After a steep 4-day dip, gold prices continued to struggle today as well. Gold futures on MCX rose 0.3% to Rs 46,857/ 10 grams, whereas silver rose 0.6% to Rs 67,239/kg. In the last session, gold had dropped Rs 1000 or 2%/10 grams while silver had dropped Rs 1500 or 2.1%/kg. The precious yellow metal is now trading at 5% below its pre-Budget value.
On the other hand, global market prices too, remained low and below the psychological $1,800 level. Spot gold rose 0.2% at $1,795/ounce after a dip of 2% in the previous session. This fall in appeal was a result of a strengthened US dollar and an increasing US Treasury. The lows experienced by gold in the last few days have been the most in about seven months. In August 2020, gold was at a record high of Rs 56,200/10 grams.
In the last 25 years, 2020 was the least favorable year for gold. In India, demand had fallen to 446 tonnes as compared with the 2019 demand of 690.4 tonnes, as per a recent report by the WGC (World Gold Council). However, in the last quarter of 2020, demand had recovered back to 2019 levels again.
Why the fall?
There are a few reasons for this change. Firstly, the customs duty announcement in Budget 2021. Currently, gold has a 12.5% customs duty. FM Nirmala Sitharaman has now cut it down to 7.5%. Since India imports most of its gold and silver, this huge dip in customs duty instantly affected prices.
Another contributing factor has been the dollar gaining through the resurgence of the virus, a fiscal stimulus lower than expected, and a toned down risk-on sentiment in the international market, according to experts.
What is the impact?
Jewellers’ associations have largely invited the Budget announcement and opined that the industry had been demanding this for two long years and finally got its due. Although, the government has also proposed an agriculture infrastructure and development cess of 2.5% on silver and gold. Experts from the industry expect the price of 22-karat gold to go down by Rs 100-110/gram. Sellers are ecstatic about their business, which had fallen by at least 40-50% during the lockdown.
Jewellers also opined that this movement will discourage unaccounted selling of precious metals in the country. Plus, gold smuggling might also lose steam. Some jewellers had predicted an increase of at least 10% in business as soon as the fall began. When the lockdown restrictions had started easing, gold sales had begun increasing. Now, with the new impetus, footfall at gold stores across the country is set to increase in the next few months. This is, of course, provided the newly corrected prices remain stable.

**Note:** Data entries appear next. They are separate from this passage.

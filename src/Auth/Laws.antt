-- ===== src/Auth/Laws.antt =====
-- packages/auth/src/rbac.ts: when authorization succeeds, and how the roles compare.
use mathlib.Core.List.{Memᴰ}
use mathlib.Core.List.Memᴰ
use arc_db.Base.{
  ℕ, String, Bool, true, ◌≡◌, refl, sym, ◌↔◌, ◌⊎◌, inl, inr, Option, none, some, List, [], ◌∷◌,
  includes, ok, arith, ◌==◌, eq_iff, ◌≤◌, All, all, map, ap, ◌∙◌, ◌||◌, Bool-cases,
}
use arc_db.Auth.{
  Permission, permission_name, permissions, Role, owner, admin, member, viewer,
  permissions_for_role, Principal, Scope, scope_or_own, is_within, has_permission, authorize,
  same_permission, is_known, assert_known_permissions,
}

includes_iff : (xs : List String) (s : String) → (includes ◌==◌ xs s ≡ true) ↔ Memᴰ s xs
includes_iff [] s = ((λ h. cc), λ m. elim m [ ])
includes_iff (x ∷ xs) s =
    let ih = includes_iff xs s in
    (
      (λ h. elim (split h) [ inl e ↦ Memᴰ.head (sym e) | inr k ↦ Memᴰ.tail (ih.0 k) ]),
      λ m. elim (Memᴰ.cases_cons m) [
        | inl e ↦ ground (arith, eq_iff x s)
        | inr k ↦ let later = ih.1 k in ground (arith, later)
      ],
    )
  where
    split : includes ◌==◌ (x ∷ xs) s ≡ true → (x ≡ s) ⊎ (includes ◌==◌ xs s ≡ true)
    split h = ground (arith, eq_iff x s)

-- The project of a scope is the principal's own, if the principal has one.
abbrev pub IsWithin : Option String → Option String → Type 0
IsWithin own scope = (project : String) → own ≡ some project → scope ≡ some project

is_within_iff : (own scope : Option String) → (is_within own scope ≡ true) ↔ IsWithin own scope
is_within_iff none scope = ((λ h p e. cc), λ h. refl)
is_within_iff (some p) none = ((λ h q e. cc), λ h. let e = h p refl in cc)
is_within_iff (some p) (some q) = (
  (λ h r e. let same = (eq_iff p q).0 h in cc),
  λ h. let e : some q ≡ some p = h p refl in let f : p ≡ q = cc in (eq_iff p q).1 f,
)

-- `authorize` returns exactly if the scope is of the principal's tenant and of its project, if it has
-- one, and the permission is one of the principal's; with no scope given, the scope is the
-- principal's tenant and no project.
pub authorize_iff :
    (p : Principal) (permission : Permission) (given : Option Scope)
    → (authorize p permission given ≡ ok tt) ↔ (
        (p.tenant_id ≡ (scope_or_own p given).tenant_id)
        × IsWithin p.project_id (scope_or_own p given).project_id
        × Memᴰ (permission_name permission) p.permissions)
unfolding authorize has_permission
authorize_iff p permission given =
    let scope = scope_or_own p given in
    let same = eq_iff p.tenant_id scope.tenant_id in
    let within = is_within_iff p.project_id scope.project_id in
    let held = includes_iff p.permissions (permission_name permission) in
    (
      (λ h. (same.0 (ground arith), within.0 (ground arith), held.0 (ground arith))),
      λ h.
          let (e, f, m) = h in
          let a = same.1 e in let b = within.1 f in let c = held.1 m in ground arith,
    )

abbrev pub rank : Role → ℕ
rank viewer = 0
rank member = 1
rank admin = 2
rank owner = 3

abbrev pub grants : Role → Permission → Bool
grants role p = includes same_permission (permissions_for_role role) p

-- Whether a role grants a permission depends on the name alone.
includes_names :
    (l : List Permission) (p : Permission)
    → includes same_permission l p ≡ includes ◌==◌ (map permission_name l) (permission_name p)
includes_names [] p = refl
includes_names (q ∷ l) p =
    ap (λ b. permission_name q == permission_name p || b) (includes_names l p)

grants_of_name :
    (role : Role) (p q : Permission)
    → permission_name p ≡ permission_name q
    → grants role p ≡ true
    → grants role q ≡ true
grants_of_name role p q e h =
    let l = permissions_for_role role in
    includes_names l q
    ∙ ap (includes ◌==◌ (map permission_name l)) (sym e)
    ∙ sym (includes_names l p)
    ∙ h

included :
    (s : Role) (l : List Permission) (p : Permission)
    → all (grants s) l ≡ true
    → includes same_permission l p ≡ true
    → grants s p ≡ true
included s [] p h g = cc
included s (q ∷ l) p h g = elim (Bool-cases (same_permission q p)) [
  | inl same ↦
      grants_of_name s q p ((eq_iff (permission_name q) (permission_name p)).0 same) (ground arith)
  | inr differs ↦ included s l p (ground arith) (ground arith)
]

-- The lower role's permissions, each looked up among the higher role's.
role_included : (r s : Role) → rank r ≤ rank s → all (grants s) (permissions_for_role r) ≡ true
unfolding permissions_for_role
role_included viewer viewer h = refl
role_included viewer member h = refl
role_included viewer admin h = refl
role_included viewer owner h = refl
role_included member member h = refl
role_included member admin h = refl
role_included member owner h = refl
role_included admin admin h = refl
role_included admin owner h = refl
role_included owner owner h = refl
role_included member viewer h = absurd (omega arith)
role_included admin viewer h = absurd (omega arith)
role_included admin member h = absurd (omega arith)
role_included owner viewer h = absurd (omega arith)
role_included owner member h = absurd (omega arith)
role_included owner admin h = absurd (omega arith)

-- A higher role grants every permission of a lower one, in the order VIEWER, MEMBER, ADMIN, OWNER.
pub permissions_for_role-rank :
    (r s : Role) (p : Permission) → rank r ≤ rank s → grants r p ≡ true → grants s p ≡ true
permissions_for_role-rank r s p h g = included s (permissions_for_role r) p (role_included r s h) g

-- `assertKnownPermissions` returns exactly if every text given is the name of a permission.
pub assert_known_permissions_iff :
    (given : List String)
    → (assert_known_permissions given ≡ ok tt)
      ↔ All (λ s. Memᴰ s (map permission_name permissions)) given
unfolding assert_known_permissions
assert_known_permissions_iff [] = ((λ h. tt), λ h. refl)
assert_known_permissions_iff (s ∷ rest) =
    let ih = assert_known_permissions_iff rest in
    let known = includes_iff (map permission_name permissions) s in
    elim (Bool-cases (is_known s)) [
      | inl fits ↦ rw fits ((λ h. (known.0 fits, ih.0 h)), λ h. ih.1 h.1)
      | inr misses ↦ rw misses ((λ h. cc), λ h. let fits = known.1 h.0 in cc)
    ]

There are quite a few analysts who are of the view that gold may lose some more as the overwhelming success of the vaccination drive and rising yields will lead money out of the non-yielding bullion. At the same time, low level buying plus wedding demand could provide some support. Plus, there has also been a better recovery in the dollar index and treasury yield, which is another factor that varies inversely with gold prices. Unless there is a softening of yield, a rise in prices isn’t very likely, say some experts.
Given the fundamentals, recovery in prices seems less likely, and could remain capped at Rs 49,200. Dealers have opined that the rise in demand for physical gold, ETFs (Exchange Traded Funds) buying, and exports, will provide some amount of support to the prices in the upcoming months. The demand for gold has greatly crossed pre-Covid level, but the tax cuts have not resulted in any quick demand in the physical market, as per some dealers.
While there are dealers and some market experts who are rooting for a further correction, there is another side of the story wherein analysts and experts are expecting the correction to be a short-term story. This group of experts has, in fact, been suggesting investors to positively go for gold funds right now and have faith in price rise in the next few months. It can safely be said that investors can use gold as a hedge if they have primary investments in equity and riskier instruments.
The next few weeks will be crucial for customers, investors, traders, sellers, analysts, and a lot of stakeholders in the yellow metal. Which camp of experts sees its predictions coming true would be an interesting game to watch for one and all.